一只粉色的发卡脱离她纤细的手指,舒缓地飞向星影。它小巧亮丽,可并没有大工厂生产品所特有的那种生冷感,而是让人想起中世纪手工作坊中那些带着农门少女羞怯腼腆的小玩意儿。
“我自己做的,希望国美少女喜欢!”她轻飘飘道。
星影接住那发卡,低头看了它一眼——烛月确信她的目光与自己看一只蟑螂的目光别无二致——然后一把将它揣进了裤兜里,任凭自己的长发披散着;目睹这令人不快的一幕,烛月也失去了要礼物的兴趣。
又听那国务卿克察道:“那个,国美少女殿下,您私人穿梭机在水下行驶时出现的散热问题,我们已经帮您解决了。讲真,那玩意儿已经落后到连自由隐国的航天专家们都看不下去的地步了,您真不考虑换上一架吗?尖端隐国的最新款,公费。”
“谢啦,可惜我恋旧。”星影打了个哈欠,眼角渗出细细的几点泪珠。
“好啦,咱们也该干点正事了!”总统姑娘似乎忘了要给烛月礼物的事情,“国美少女殿下,再给国民们做一次讲演吧——如果您需要稿件,我们会将它投影到您的视网膜上。”
“不用麻烦你们了,我自己能行,”星影摆摆手,脸上写满了不耐烦,“你们找我干这种事情又不是一次两次了,我都琢磨出一套讲演格式了。”
“这讲演是通过量子通讯技术发回你们的首都吗?”烛月虽无端地心疼星影,却也不愿意放过这个代表蓝星向隐国提问的机会。
“那肯定啦!不然公民们就是老死也听不到这讲演......不对不对,还能用虫洞跃迁的方式把这讲演拷录回去,只是那样就会有好几天的延迟了。”克察认真道。

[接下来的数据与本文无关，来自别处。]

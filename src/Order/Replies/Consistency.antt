-- ===== src/Order/Replies/Consistency.antt =====
-- Sagas and orders stay in step.
use food_delivery_api.Common.{
  ℕ, ◌≡◌, ◌⊎◌, ◌++◌, [], ◌∷◌, refl, Option, some, none, err, arith, List, inl, inr, Option-cases,
  find, ap, if◌then◌else◌,
}
use food_delivery_api.Common.Table.{touch, find-update_where}
use food_delivery_api.Order.Status.{OrderStatus}
use food_delivery_api.Order.SagaState.{SagaState}
use food_delivery_api.Order.Errors.{saga_not_found}
use food_delivery_api.Order.Aggregate.{Order}
use food_delivery_api.Order.Saga.{OrderSaga}
use food_delivery_api.Order.Store.{
  OrderDb, OrderAction, mark_processed, order_at, saga_at, is_order, is_saga, same_order_version,
  set_status, same_saga_version, set_state,
}
use food_delivery_api.Order.Store.Laws.{order_at_key, saga_at_key}
use food_delivery_api.Order.Replies.{
  Envelope, InventoryReply, PaymentReply, SagaOutcome, apply_inventory, apply_payment, execute,
  handle_inventory_reply, handle_payment_reply,
}
use food_delivery_api.Order.Replies.Steps.{moved_orders, moved_sagas}
use food_delivery_api.Order.Replies.Effects.{
  expected, inventory_effect, payment_effect, apply_inventory-effect, apply_payment-effect,
}

-- Every saga has its order, in the status that the saga's state stands for.
abbrev Agree : List Order → List OrderSaga → Type 0
Agree orders sagas =
    (t i : ℕ) (s : OrderSaga)
    → find (is_saga t i) sagas ≡ some s
    → (o : Order) × (find (is_order t i) orders ≡ some o) × (o.status ≡ expected s.state)

abbrev pub IsConsistent : OrderDb → Type 0
IsConsistent db = Agree db.orders db.sagas

-- What a lookup of a saga finds after a saga of some version has moved.
find-moved_sagas :
    (s : OrderSaga) (state : SagaState) (event now : ℕ) (db : OrderDb) (t i : ℕ)
    → find (is_saga t i) (moved_sagas s state event now db)
      ≡ touch
          (same_saga_version s)
          (set_state (record s { state = state; last_event_id = some event; updated_at = now }) now)
          (saga_at t i db)
find-moved_sagas s state event now db t i =
    find-update_where (is_saga t i) (same_saga_version s) _ (λ r. refl) db.sagas

module _ (db : OrderDb) (t i : ℕ) (o : Order) (s : OrderSaga) (status : OrderStatus)
    (state : SagaState) (event now : ℕ) (ho : order_at t i db ≡ some o)
    (hs : saga_at t i db ≡ some s) (agree : status ≡ expected state) where
  new_order : Order
  new_order = record o { status = status; updated_at = now }

  new_saga : OrderSaga
  new_saga = record s { state = state; last_event_id = some event; updated_at = now }

  -- The row of a key after the order has moved on.
  after : Order → Order
  after r = if same_order_version o r then set_status new_order now r else r

  agree_after :
      (t' i' : ℕ) (s1 s' : OrderSaga) (o1 : Order)
      → saga_at t' i' db ≡ some s1
      → order_at t' i' db ≡ some o1
      → o1.status ≡ expected s1.state
      → find (is_saga t' i') (moved_sagas s state event now db) ≡ some s'
      → (find (is_order t' i') (moved_orders o status now db) ≡ some (after o1))
        × ((after o1).status ≡ expected s'.state)
  unfolding after new_order new_saga
  agree_after t' i' s1 s' o1 h1 h2 e h = ground (
    arith,
    order_at_key t i db o ho,
    saga_at_key t i db s hs,
    order_at_key t' i' db o1 h2,
    saga_at_key t' i' db s1 h1,
    find-moved_sagas s state event now db t' i',
    find-update_where (is_order t' i') (same_order_version o) (set_status new_order now) (λ r. refl)
        db.orders,
  )

  -- Moving an order and its saga to a status and a state that agree keeps every pair in step.
  moved-Agree :
      IsConsistent db → Agree (moved_orders o status now db) (moved_sagas s state event now db)
  unfolding new_saga
  moved-Agree c t' i' s' h = elim (Option-cases (saga_at t' i' db)) [
    | inl missing ↦ ground (arith, find-moved_sagas s state event now db t' i')
    | inr (s1, h1) ↦
        let (o1, h2, e) = c t' i' s1 h1 in
        let (found, agreed) = agree_after t' i' s1 s' o1 h1 h2 e h in (after o1, found, agreed)
  ]

-- Moving only the saga keeps every pair in step where the new state stands for the same status.
compensated-Agree :
    (db : OrderDb) (t i : ℕ) (s : OrderSaga) (state : SagaState) (event now : ℕ)
    → saga_at t i db ≡ some s
    → expected s.state ≡ expected state
    → IsConsistent db
    → Agree db.orders (moved_sagas s state event now db)
compensated-Agree db t i s state event now hs e c t' i' s' h =
    elim (Option-cases (saga_at t' i' db)) [
      | inl missing ↦ ground (arith, find-moved_sagas s state event now db t' i')
      | inr (s1, h1) ↦
          let (o1, h2, e1) = c t' i' s1 h1 in
          (
            o1,
            h2,
            ground (
              arith,
              saga_at_key t i db s hs,
              saga_at_key t' i' db s1 h1,
              find-moved_sagas s state event now db t' i',
            ),
          )
    ]

module _ (i : ℕ) (o : Order) (s : OrderSaga) (now : ℕ) (db : OrderDb) (c : IsConsistent db) where
  inventory_effect-IsConsistent :
      (type : InventoryReply) (state : SagaState) (e : Envelope InventoryReply)
      → order_at e.tenant_id i db ≡ some o
      → saga_at e.tenant_id i db ≡ some s
      → IsConsistent (inventory_effect i o s now db type state e).1
  inventory_effect-IsConsistent InventoryReply.stock_reserved SagaState.started e ho hs =
      moved-Agree db e.tenant_id i o s _ _ e.event_id now ho hs refl c
  inventory_effect-IsConsistent InventoryReply.stock_reservation_failed SagaState.started e ho hs =
      moved-Agree db e.tenant_id i o s _ _ e.event_id now ho hs refl c
  inventory_effect-IsConsistent InventoryReply.stock_released SagaState.compensating e ho hs =
      moved-Agree db e.tenant_id i o s _ _ e.event_id now ho hs refl c
  inventory_effect-IsConsistent InventoryReply.stock_reserved _ e ho hs = c
  inventory_effect-IsConsistent InventoryReply.stock_reservation_failed _ e ho hs = c
  inventory_effect-IsConsistent InventoryReply.stock_released _ e ho hs = c
  inventory_effect-IsConsistent (InventoryReply.unknown x) _ e ho hs = c

  payment_effect-IsConsistent :
      (type : PaymentReply) (state : SagaState) (e : Envelope PaymentReply)
      → order_at e.tenant_id i db ≡ some o
      → saga_at e.tenant_id i db ≡ some s
      → s.state ≡ state
      → IsConsistent (payment_effect i o s now db type state e).1
  payment_effect-IsConsistent PaymentReply.payment_succeeded SagaState.stock_reserved e ho hs es =
      moved-Agree db e.tenant_id i o s _ _ e.event_id now ho hs refl c
  payment_effect-IsConsistent PaymentReply.payment_failed SagaState.stock_reserved e ho hs es =
      compensated-Agree db e.tenant_id i s _ e.event_id now hs (ap expected es) c
  payment_effect-IsConsistent PaymentReply.payment_succeeded _ e ho hs es = c
  payment_effect-IsConsistent PaymentReply.payment_failed _ e ho hs es = c
  payment_effect-IsConsistent (PaymentReply.unknown x) SagaState.started e ho hs es = c
  payment_effect-IsConsistent (PaymentReply.unknown x) _ e ho hs es = c

apply_inventory-missing :
    (e : Envelope InventoryReply) (i now : ℕ) (db : OrderDb)
    → saga_at e.tenant_id i db ≡ none
    → apply_inventory e i now db ≡ (err (saga_not_found i), db)
unfolding apply_inventory
apply_inventory-missing e i now db h = ground arith

apply_payment-missing :
    (e : Envelope PaymentReply) (i now : ℕ) (db : OrderDb)
    → saga_at e.tenant_id i db ≡ none
    → apply_payment e i now db ≡ (err (saga_not_found i), db)
unfolding apply_payment
apply_payment-missing e i now db h = ground arith

apply_inventory-IsConsistent :
    (e : Envelope InventoryReply) (i now : ℕ) (db : OrderDb)
    → IsConsistent db
    → IsConsistent (apply_inventory e i now db).1
apply_inventory-IsConsistent e i now db c = elim (Option-cases (saga_at e.tenant_id i db)) [
  | inl missing ↦ rw (apply_inventory-missing e i now db missing) c
  | inr (s, hs) ↦
      let (o, ho, agree) = c e.tenant_id i s hs in
      rw (apply_inventory-effect i o s now db e ho hs agree)
        (inventory_effect-IsConsistent i o s now db c e.event_type s.state e ho hs)
]

apply_payment-IsConsistent :
    (e : Envelope PaymentReply) (i now : ℕ) (db : OrderDb)
    → IsConsistent db
    → IsConsistent (apply_payment e i now db).1
apply_payment-IsConsistent e i now db c = elim (Option-cases (saga_at e.tenant_id i db)) [
  | inl missing ↦ rw (apply_payment-missing e i now db missing) c
  | inr (s, hs) ↦
      let (o, ho, agree) = c e.tenant_id i s hs in
      rw (apply_payment-effect i o s now db e ho hs agree)
        (payment_effect-IsConsistent i o s now db c e.event_type s.state e ho hs refl)
]

-- The store behind the mark of an event.
abbrev pub marked : ℕ → OrderDb → OrderDb
marked event db = record db { processed_events = db.processed_events ++ event ∷ [] }

-- After `execute` the store is the old one, or what `apply` made of it behind the mark.
execute-cases :
    (event : ℕ) (apply : OrderAction (Option SagaOutcome)) (db : OrderDb)
    → ((execute event apply db).1 ≡ db) ⊎ ((execute event apply db).1 ≡ (apply (marked event db)).1)
unfolding execute mark_processed
execute-cases event apply db = ground arith

-- An inventory reply, whether its handling returns or throws, keeps every saga in step with its order:
-- the order is there, in the status that the saga's state stands for.
pub handle_inventory_reply-IsConsistent :
    (e : Envelope InventoryReply) (i now : ℕ) (db : OrderDb)
    → IsConsistent db
    → IsConsistent (handle_inventory_reply e i now db).1
unfolding handle_inventory_reply
handle_inventory_reply-IsConsistent e i now db c =
    elim (execute-cases e.event_id (apply_inventory e i now) db) [
      | inl kept ↦ rw kept c
      | inr applied ↦ rw applied (apply_inventory-IsConsistent e i now (marked e.event_id db) c)
    ]

-- A payment reply, whether its handling returns or throws, keeps every saga in step with its order:
-- the order is there, in the status that the saga's state stands for.
pub handle_payment_reply-IsConsistent :
    (e : Envelope PaymentReply) (i now : ℕ) (db : OrderDb)
    → IsConsistent db
    → IsConsistent (handle_payment_reply e i now db).1
unfolding handle_payment_reply
handle_payment_reply-IsConsistent e i now db c =
    elim (execute-cases e.event_id (apply_payment e i now) db) [
      | inl kept ↦ rw kept c
      | inr applied ↦ rw applied (apply_payment-IsConsistent e i now (marked e.event_id db) c)
    ]
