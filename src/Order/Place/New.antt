-- ===== src/Order/Place/New.antt =====
-- The transaction of a new order: what it writes, and that sagas and orders stay in step.
use food_delivery_api.Common.{
  ℕ, ◌≡◌, ◌++◌, [], ◌∷◌, some, none, ok, arith, inl, inr, find, Result-cases, Option-cases, sym,
  ◌∙◌, subst,
}
use food_delivery_api.Common.Table.{find-append, find-append_none}
use food_delivery_api.Order.Status.{OrderStatus}
use food_delivery_api.Order.SagaState.{SagaState}
use food_delivery_api.Order.Aggregate.{Order, CreateOrderProps}
use food_delivery_api.Order.Aggregate.Pricing.{create-IsPriced}
use food_delivery_api.Order.Saga.{OrderSaga, start}
use food_delivery_api.Order.Commands.{reserve_stock_command, reserve_items}
use food_delivery_api.Order.Store.{OrderDb, IdempotencyKey, OutboxRow, order_at, is_order, is_saga}
use food_delivery_api.Order.Menu.{PlaceOrderCommand, build_order_items, pending_order}
use food_delivery_api.Order.Place.{Outside}
use food_delivery_api.Order.Replies.Effects.{expected}
use food_delivery_api.Order.Replies.Consistency.{IsConsistent}

-- The rows that a new order adds.
abbrev pub order_row_of : Order → ℕ → Order
order_row_of pending now = record pending { version = 1; created_at = now; updated_at = now }

abbrev pub saga_row_of : Outside → PlaceOrderCommand → ℕ → OrderSaga
unfolding start
saga_row_of outside c now =
    record (start
      (record {
        order_id = outside.order_id;
        tenant_id = c.tenant_id;
        correlation_id = some outside.correlation_id;
      })
      now) { created_at = now; updated_at = now }

abbrev pub key_row_of : Outside → PlaceOrderCommand → IdempotencyKey
key_row_of outside c = record {
  tenant_id = c.tenant_id;
  user_id = c.user_id;
  key = c.idempotency_key;
  order_id = outside.order_id;
}

abbrev pub outbox_row_of : Outside → PlaceOrderCommand → Order → OutboxRow
unfolding reserve_stock_command
outbox_row_of outside c pending = record {
  tenant_id = c.tenant_id;
  entry =
      reserve_stock_command outside.order_id (reserve_items pending.items) outside.correlation_id;
}

abbrev pub with_new : Outside → PlaceOrderCommand → Order → ℕ → OrderDb → OrderDb
with_new outside c pending now db = record db {
  orders = db.orders ++ order_row_of pending now ∷ [];
  sagas = db.sagas ++ saga_row_of outside c now ∷ [];
  idempotency_keys = db.idempotency_keys ++ key_row_of outside c ∷ [];
  outbox = db.outbox ++ outbox_row_of outside c pending ∷ [];
}

-- The order that a command builds is PENDING, and has the command's tenant and the fresh id.
pub pending_order-key :
    (outside : Outside) (c : PlaceOrderCommand) (now : ℕ) (o : Order)
    → pending_order outside.gateways c outside.order_id now ≡ ok o
    → (o.id ≡ outside.order_id) × (o.tenant_id ≡ c.tenant_id) × (o.status ≡ OrderStatus.pending)
unfolding pending_order
pending_order-key outside c now o h = elim (Result-cases (build_order_items outside.gateways c)) [
  | inl (built, e) ↦
      let props : CreateOrderProps = record {
        id = outside.order_id;
        tenant_id = c.tenant_id;
        user_id = c.user_id;
        restaurant_id = built.restaurant_id;
        items = built.items;
        pricing = outside.gateways.resolve_pricing c.tenant_id;
      } in
      let (made, _) = create-IsPriced props now o (ground (arith, e)) in
      (made.same_id, made.same_tenant, made.is_pending)
  | inr (bad, e) ↦ ground (arith, e)
]

module _ (outside : Outside) (c : PlaceOrderCommand) (now : ℕ) (pending : Order) (db : OrderDb)
    (same_id : pending.id ≡ outside.order_id) (same_tenant : pending.tenant_id ≡ c.tenant_id)
    (fresh : order_at c.tenant_id outside.order_id db ≡ none) where
  -- The new order is found under its id.
  pub with_new-order :
      order_at c.tenant_id outside.order_id (with_new outside c pending now db)
      ≡ some (order_row_of pending now)
  with_new-order = ground (
    arith,
    find-append_none (is_order c.tenant_id outside.order_id) db.orders
        (order_row_of pending now ∷ []) fresh,
  )

  new_saga-is :
      (t i : ℕ) (s : OrderSaga)
      → find (is_saga t i) (saga_row_of outside c now ∷ []) ≡ some s
      → (c.tenant_id ≡ t) × (outside.order_id ≡ i) × (s.state ≡ SagaState.started)
  unfolding start
  new_saga-is t i s h = ground arith

  -- A saga that is not an old one is the new one, and has the new order.
  new_saga-order :
      (t i : ℕ) (s : OrderSaga)
      → pending.status ≡ OrderStatus.pending
      → find (is_saga t i) (saga_row_of outside c now ∷ []) ≡ some s
      → (o : Order) × (order_at t i (with_new outside c pending now db) ≡ some o)
        × (o.status ≡ expected s.state)
  new_saga-order t i s is_pending h =
      let (et, ei, started) = new_saga-is t i s h in
      (
        order_row_of pending now,
        subst
            (λ x.
              order_at x i (with_new outside c pending now db) ≡ some (order_row_of pending now))
            et
            (subst
              (λ x.
                order_at c.tenant_id x (with_new outside c pending now db)
                ≡ some (order_row_of pending now))
              ei with_new-order),
        ground arith,
      )

  pub with_new-IsConsistent :
      pending.status ≡ OrderStatus.pending
      → IsConsistent db
      → IsConsistent (with_new outside c pending now db)
  with_new-IsConsistent is_pending old t i s h = elim (Option-cases (find (is_saga t i) db.sagas)) [
    | inl e ↦
        new_saga-order t i s is_pending
          (sym (find-append_none (is_saga t i) db.sagas (saga_row_of outside c now ∷ []) e) ∙ h)
    | inr (s1, e) ↦
        let (o, found, agreed) = old t i s1 e in
        (
          o,
          find-append (is_order t i) db.orders (order_row_of pending now ∷ []) o found,
          ground (arith, find-append (is_saga t i) db.sagas (saga_row_of outside c now ∷ []) s1 e),
        )
  ]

烛月听到“老死”一词时,心中一凛。再望向立在一旁的星影,她糊涂了。他们也会老死?那他们的个体寿命又是多长?星姐又为什么从建国活到了现在?这几个问题交织在一起,勒得她几乎喘不上气来。
那边,星影即兴讲演的声音激昂慷慨:“亲爱的国民们,想必你们前日已经知悉,我国东南方向上来了一群凶暴的侵略者......”
“这次主要是他们离国门太近了,才把殿下请回来。”星影讲演的同时,克察面带歉意地对总统姑娘道,“这是侦察部队出现的重大失误,现在该侦查片区的部队司令员、政委已经被停职审查。不过那支侦查部队戴罪立功,已经将敌军状况摸清楚了。很抱歉,我们部队的失误给您的行政工作添麻烦了。”
“没关系的,克察,就当是咱俩一起公费旅游了。”总统姑娘宽慰她道。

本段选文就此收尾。